WHAT TO PRODUCE: A faithful copy of the entire listing is what is needed.

# # # #

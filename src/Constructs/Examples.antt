-- ===== src/Constructs/Examples.antt =====
-- Runs of the checks of constructors, and the theorems about their arguments at concrete texts.
use cs.Base.{◌≡◌, refl, pos, none, some, List, [], ◌∷◌, Text, codes, true, false, All, all_helpers}
use cs.LineChecks.{report}
use cs.Style.Run.{all_style}
use cs.Re.{Found, matches}
use cs.CleansedLines.{CleansedLines, group_text}
use cs.Nesting.{Block, ClassInfo, class_info, NestingState, innermost_class, no_asm}
use cs.LineChecks.Namespaces.{line_at}
use cs.Constructs.{
  constructor, check_for_non_standard_constructs, last_component, is_open_arg, constructor_args,
  check_constructor, check_line,
}
use cs.Constructs.Unclosed.{check_for_non_standard_constructs_open}
use cs.Constructs.Arguments.{join, constructor_args-join}

abbrev map_text : Text
map_text = codes "map<a, b> m, int k"

abbrev map_args : List Text
map_args = codes "map<a, b> m" ∷ codes " int k" ∷ []

split_map : constructor_args map_text ≡ some map_args
unfolding all_helpers constructor_args
split_map = refl

constructor_args-join_example :
    (join map_args ≡ map_text) × All (λ a. is_open_arg a ≡ false) map_args
constructor_args-join_example = constructor_args-join map_text map_args split_map

abbrev foo : ClassInfo
foo = record {
  name = codes "a::Foo";
  is_derived = false;
  access = codes "private";
  is_struct = false;
  class_indent = 0;
  last_line = 2;
}

abbrev block : Block
block = record {
  identity = 0;
  starting_linenum = 1;
  seen_open_brace = true;
  open_parentheses = pos 0;
  inline_asm = no_asm;
  check_namespace_indentation = false;
  kind = class_info foo;
}

abbrev inside : NestingState
inside = record {
  stack = block ∷ [];
  previous_stack_top = some block;
  pp_stack = [];
  next_identity = 1;
}

abbrev source : List Text
source = codes "class a::Foo {" ∷ codes "  explicit Foo(int x = a < b);" ∷ []

abbrev cleansed : CleansedLines
cleansed = record {
  elided = source;
  lines = source;
  raw_lines = source;
  num_lines = 2;
  lines_without_raw_strings = source;
}

abbrev found_constructor : Found
found_constructor = record {
  before = [];
  whole = codes "  explicit Foo(int x = a < b)";
  after = codes ";";
  groups = (2, some (codes "int x = a < b")) ∷ (1, some (codes "explicit ")) ∷ [];
}

is_innermost : innermost_class inside.stack ≡ some block
unfolding innermost_class
is_innermost = refl

is_constructor :
    matches (constructor (last_component [] foo.name)) (line_at cleansed.elided 1)
    ≡ some found_constructor
unfolding all_style constructor last_component
is_constructor = refl

is_unclosed : is_open_arg (group_text found_constructor 2) ≡ true
unfolding all_style constructor is_open_arg
is_unclosed = refl

check_for_non_standard_constructs_open_example :
    check_for_non_standard_constructs cleansed inside 1 ≡ none
check_for_non_standard_constructs_open_example =
    check_for_non_standard_constructs_open cleansed inside 1 block foo found_constructor
      is_innermost refl refl is_constructor is_unclosed

components : last_component [] (codes "a::b::Foo") ≡ codes "Foo"
unfolding last_component
components = refl

single :
    check_constructor 3 (codes "Foo") (codes "  Foo(int x);")
    ≡ some (
        report 3 "runtime/explicit" 5
          (codes "Single-parameter constructors should be marked explicit.")
        ∷ [])
unfolding all_style check_constructor
single = refl

copy : check_constructor 3 (codes "Foo") (codes "  Foo(const Foo& f);") ≡ some []
unfolding all_style check_constructor
copy = refl

zero_explicit :
    check_constructor 3 (codes "Foo") (codes "  explicit Foo(void);")
    ≡ some (
        report 3 "runtime/explicit" 5
          (codes "Zero-parameter constructors should not be marked explicit.")
        ∷ [])
unfolding all_style check_constructor
zero_explicit = refl

index_error : check_constructor 3 (codes "Foo") (codes "  explicit Foo(int x = a < b);") ≡ none
unfolding all_style check_constructor
index_error = refl

storage :
    check_line 3 (codes "int static x;") (codes "int static x;")
    ≡ report 3 "build/storage_class" 5 (
        codes
          "Storage-class specifier (static, extern, typedef, etc) should be at the beginning of the declaration.")
      ∷ []
unfolding all_style check_line
storage = refl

# # # #

EXERCISE RESPONSE:
filename src/Constructs/Examples.antt
-- ===== src/Constructs/Examples.antt =====
-- Runs of the checks of constructors, and the theorems about their arguments at concrete texts.
use cs.Base.{◌≡◌, refl, pos, none, some, List, [], ◌∷◌, Text, codes, true, false, All, all_helpers}
use cs.LineChecks.{report}
use cs.Style.Run.{all_style}
use cs.Re.{Found, matches}
use cs.CleansedLines.{CleansedLines, group_text}
use cs.Nesting.{Block, ClassInfo, class_info, NestingState, innermost_class, no_asm}
use cs.LineChecks.Namespaces.{line_at}
use cs.Constructs.{
  constructor, check_for_non_standard_constructs, last_component, is_open_arg, constructor_args,
  check_constructor, check_line,
}
use cs.Constructs.Unclosed.{check_for_non_standard_constructs_open}
use cs.Constructs.Arguments.{join, constructor_args-join}

abbrev map_text : Text
map_text = codes "map<a, b> m, int k"

abbrev map_args : List Text
map_args = codes "map<a, b> m" ∷ codes " int k" ∷ []

split_map : constructor_args map_text ≡ some map_args
unfolding all_helpers constructor_args
split_map = refl

constructor_args-join_example :
    (join map_args ≡ map_text) × All (λ a. is_open_arg a ≡ false) map_args
constructor_args-join_example = constructor_args-join map_text map_args split_map

abbrev foo : ClassInfo
foo = record {
  name = codes "a::Foo";
  is_derived = false;
  access = codes "private";
  is_struct = false;
  class_indent = 0;
  last_line = 2;
}

abbrev block : Block
block = record {
  identity = 0;
  starting_linenum = 1;
  seen_open_brace = true;
  open_parentheses = pos 0;
  inline_asm = no_asm;
  check_namespace_indentation = false;
  kind = class_info foo;
}

abbrev inside : NestingState
inside = record {
  stack = block ∷ [];
  previous_stack_top = some block;
  pp_stack = [];
  next_identity = 1;
}

abbrev source : List Text
source = codes "class a::Foo {" ∷ codes "  explicit Foo(int x = a < b);" ∷ []

abbrev cleansed : CleansedLines
cleansed = record {
  elided = source;
  lines = source;
  raw_lines = source;
  num_lines = 2;
  lines_without_raw_strings = source;
}

abbrev found_constructor : Found
found_constructor = record {
  before = [];
  whole = codes "  explicit Foo(int x = a < b)";
  after = codes ";";
  groups = (2, some (codes "int x = a < b")) ∷ (1, some (codes "explicit ")) ∷ [];
}

is_innermost : innermost_class inside.stack ≡ some block
unfolding innermost_class
is_innermost = refl

is_constructor :
    matches (constructor (last_component [] foo.name)) (line_at cleansed.elided 1)
    ≡ some found_constructor
unfolding all_style constructor last_component
is_constructor = refl

is_unclosed : is_open_arg (group_text found_constructor 2) ≡ true
unfolding all_style constructor is_open_arg
is_unclosed = refl

check_for_non_standard_constructs_open_example :
    check_for_non_standard_constructs cleansed inside 1 ≡ none
check_for_non_standard_constructs_open_example =
    check_for_non_standard_constructs_open cleansed inside 1 block foo found_constructor
      is_innermost refl refl is_constructor is_unclosed

components : last_component [] (codes "a::b::Foo") ≡ codes "Foo"
unfolding last_component
components = refl

single :
    check_constructor 3 (codes "Foo") (codes "  Foo(int x);")
    ≡ some (
        report 3 "runtime/explicit" 5
          (codes "Single-parameter constructors should be marked explicit.")
        ∷ [])
unfolding all_style check_constructor
single = refl

copy : check_constructor 3 (codes "Foo") (codes "  Foo(const Foo& f);") ≡ some []
unfolding all_style check_constructor
copy = refl

zero_explicit :
    check_constructor 3 (codes "Foo") (codes "  explicit Foo(void);")
    ≡ some (
        report 3 "runtime/explicit" 5
          (codes "Zero-parameter constructors should not be marked explicit.")
        ∷ [])
unfolding all_style check_constructor
zero_explicit = refl

index_error : check_constructor 3 (codes "Foo") (codes "  explicit Foo(int x = a < b);") ≡ none
unfolding all_style check_constructor
index_error = refl

storage :
    check_line 3 (codes "int static x;") (codes "int static x;")
    ≡ report 3 "build/storage_class" 5 (
        codes
          "Storage-class specifier (static, extern, typedef, etc) should be at the beginning of the declaration.")
      ∷ []
unfolding all_style check_line
storage = refl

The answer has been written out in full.